Thursday, December 22, 2005

Canada's Referendum

Edit: I hadn't realized that Mr. Wells was a reader! He wrote an extra-friendly note to my last piece on Canadian politics, and I wrote a friendly response back. Feel free to read them.

Oh, and by the way... Mr Wells?

Chris Dornan had Maclean's nailed- the Svend cover was ludicrous, and the shift in the magazine's tone under Whyte is bizarre, considering the rank failure that was his stewardship of the National Post.

I realize that you have a job to do, and I'm sure nobody begrudges you that, but c'mon... "Canada should sell its water to the Americans before they steal it"?

You gotta be kidding.


I criticized Paul Wells a little while ago for his misrepresentation of Paul Martin's positions and his seeming personal dislike of Martin. I haven't changed in that opinion, but I do think that an article he wrote claiming that "this election is about Stephen Harper, and whether he'll be trusted to lead" provides a useful jumping-off point for an idea that both Canadians and Americans should consider:

Canada's election is, primarily, about George W. Bush.

Leave aside, for the moment, the issue of Canadian unity. The main points of contention are protection of the social safety net, the Conservatives' social conservatism, and Canadian sovereignty in its foreign policy. The main reason why Mr. Harper is attacked as being out of the mainstream is his views on these three broad issues: they see him as disdainful of social welfare, backed by hardcore social conservatives, and supporting tight fiscal and strategic integration with the United States.

Yet, for all three of these issues, the basic idea is similar: Harper wants to make Canada more American, and less European. Harper and the other conservatives insist that they are not stealthy Republicans and aren't THAT conservative, but they're still derided as "scary".

Scary? Harper isn't scary, not in-and-of himself. He's a policy wonk who never learned how not to look wooden on television. What makes him scary is that the a significant plurality (if not a majority) of Canadians absolutely, positively, and viscerally LOATHE George W. Bush, and everything that he represents.

This is not due to envy, as Republicans seem to believe--few Canadians envy American political and popular culture, but simply appropriate what they like about it and jettison the rest, just as the rest of the world does--but simply because he represents a part of Americana that is almost entirely unexportable, because it relies on a religiosity that doesn't exist in Canada and a neo-conservative sense of American mission that, by definition, almost any outsider doesn't share. Americans themselves? Like many non-Americans, Canadians regard the vast majority with fondness. Not identification, but fondness.
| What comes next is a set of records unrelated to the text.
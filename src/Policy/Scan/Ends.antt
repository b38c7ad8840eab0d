-- ===== src/Policy/Scan/Ends.antt =====
-- The loops of `Evaluate` run to their end under a context that is never cancelled.
use kordn.Base.{
  ℕ, ◌+◌, List, [], ◌∷◌, false, none, some, Bytes, ◌≡◌, ◌≢◌, refl, arith, Option-cases, inl, inr,
}
use kordn.AwsRequest.Mapping.{IamRequirement}
use kordn.Policy.Rule.{CompiledRule, RequestContext}
use kordn.Policy.Scan.{
  Context, Scan, Cover, poll, rule_round, scan_rules, close_resource, scan_resource, scan_resources,
  scan_requirements, ◌>>=◌,
}

-- No call of `Err` reports an error.
abbrev pub IsLive : Context → Type 0
IsLive ctx = (k : ℕ) → ctx k ≡ false

module _ (ctx : Context) (request : RequestContext) (live : IsLive ctx) where
  poll-ends : (s : Scan) → (s' : Scan) × (poll ctx s ≡ some s')
  unfolding poll
  poll-ends s = (record s { polls = s.polls + 1 }, rw (live s.polls))

  rule_round-ne-none :
      (q : IamRequirement) (resource : Bytes) (rule : CompiledRule) (index : ℕ) (s : Scan)
      (c : Cover)
      → rule_round ctx request q resource rule index (s, c) ≢ none
  unfolding rule_round poll
  rule_round-ne-none q resource rule index s c = ground (arith, live s.polls)

  rule_round-ends :
      (q : IamRequirement) (resource : Bytes) (rule : CompiledRule) (index : ℕ) (s : Scan)
      (c : Cover)
      → (sc : Scan × Cover) × (rule_round ctx request q resource rule index (s, c) ≡ some sc)
  rule_round-ends q resource rule index s c =
      elim (Option-cases (rule_round ctx request q resource rule index (s, c))) [
        | inl stopped ↦ absurd (rule_round-ne-none q resource rule index s c stopped)
        | inr found ↦ found
      ]

  scan_rules-ends :
      (q : IamRequirement) (resource : Bytes) (rules : List CompiledRule) (index : ℕ)
      (sc : Scan × Cover)
      → (sc' : Scan × Cover) × (scan_rules ctx request q resource rules index sc ≡ some sc')
  unfolding scan_rules
  scan_rules-ends q resource [] index sc = (sc, refl)
  scan_rules-ends q resource (rule ∷ rules) index (s, c) =
      let (sc₁, first) = rule_round-ends q resource rule index s c in
      let (sc₂, rest) = scan_rules-ends q resource rules (index + 1) sc₁ in
      (sc₂, rw (first, ◌>>=◌) rest)

  module _ (rules : List CompiledRule) where
    scan_resource-ends :
        (q : IamRequirement) (resource : Bytes) (s : Scan)
        → (s' : Scan) × (scan_resource ctx request rules q resource s ≡ some s')
    unfolding scan_resource
    scan_resource-ends q resource s =
        let (s₁, polled) = poll-ends s in
        let (sc, scanned) =
          scan_rules-ends q resource rules 0
            (s₁, record { covered = false; saw_unacknowledged = false }) in
        (close_resource sc, rw (polled, ◌>>=◌) (rw (scanned, ◌>>=◌)))

    scan_resources-ends :
        (q : IamRequirement) (resources : List Bytes) (s : Scan)
        → (s' : Scan) × (scan_resources ctx request rules q resources s ≡ some s')
    unfolding scan_resources
    scan_resources-ends q [] s = (s, refl)
    scan_resources-ends q (resource ∷ resources) s =
        let (s₁, first) = scan_resource-ends q resource s in
        let (s₂, rest) = scan_resources-ends q resources s₁ in (s₂, rw (first, ◌>>=◌) rest)

    pub scan_requirements-ends :
        (requirements : List IamRequirement) (s : Scan)
        → (s' : Scan) × (scan_requirements ctx request rules requirements s ≡ some s')
    unfolding scan_requirements
    scan_requirements-ends [] s = (s, refl)
    scan_requirements-ends (q ∷ requirements) s =
        let (s₁, first) = scan_resources-ends q q.resources s in
        let (s₂, rest) = scan_requirements-ends requirements s₁ in (s₂, rw (first, ◌>>=◌) rest)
Canadians don't like Bush or what he represents, but they have an advantage over those Americans who don't: they have that big beautiful border, protecting them from his follies. It's not just a geographical line, but a policy-based one- as long as Canada is different, that line keeps them independent. It kept them from going to Iraq, it kept them from domination by the religious right, it kept them from the attempted gutting of social security, it kept them from the Department of Homeland Security... the more that Bush has screwed up, the better that line on the map looks.

Thus, Harper's woes. It's not just about whether or not the policies he espouses would be good for Canada. It's about that line, and whether or not the policies would make that line fade or disappear. Paul Martin's anti-American tirades are code for "I'll keep that line sharp and safe", which (since it's the most important issue in American politics) is also code for "I'll keep your friends and family from bleeding to death on the streets of Baghdad". He pledges that as long as he is Prime Minister, George W. Bush and the Other that he represents will be kept down where they belong, until whatever the hell caused the American people to actually vote for the man dissipates or burns itself out.

So, to a certain extent, this isn't about Harper. It's about W. The worse Bush looks, the more important that line becomes, and the easier it is for Martin to ride these fears to victory. Harper cannot retain his policies and also allay these fears. His talk about standing up to the United States is immaterial, because his policies would make Canada more like the United States, and thus blur the border. The best he can do is show that Martin would blur it as well, which is why the Conservatives have been trying so hard to paint Martin as a fair-weather nationalist. Jack Layton's NDP is doing much the same thing, because they also can't credibly claim to be able to defend the line: they don't have the power, and won't have the power.

The only two provinces that don't really care about this are Alberta and Quebec. Quebec, because it will be distinct from the rest of English-speaking North America no matter what its policies are. Alberta, because the conservative political movers-and-shakers there are just fine with Republicans and Republicanism, and see the blurring of the line as a feature, not a bug.

(In fact, it is this that is Harper's biggest millstone: Ontarians and Albertans have a deep distrust of one another, at least partially due to this issue. It is Ontario, however, that Stephen Harper--the self-identified conservative Albertan--needs to win.)

It is unfortunate, but events down south will almost certainly have an effect up in Canada. It won't be easily measured, and as an intervening variable, it will likely not show up on any poll... but it will have an effect nonetheless. Harper is running against two men, and judging by the latest news, Bush is likely to remain a serious, serious problem.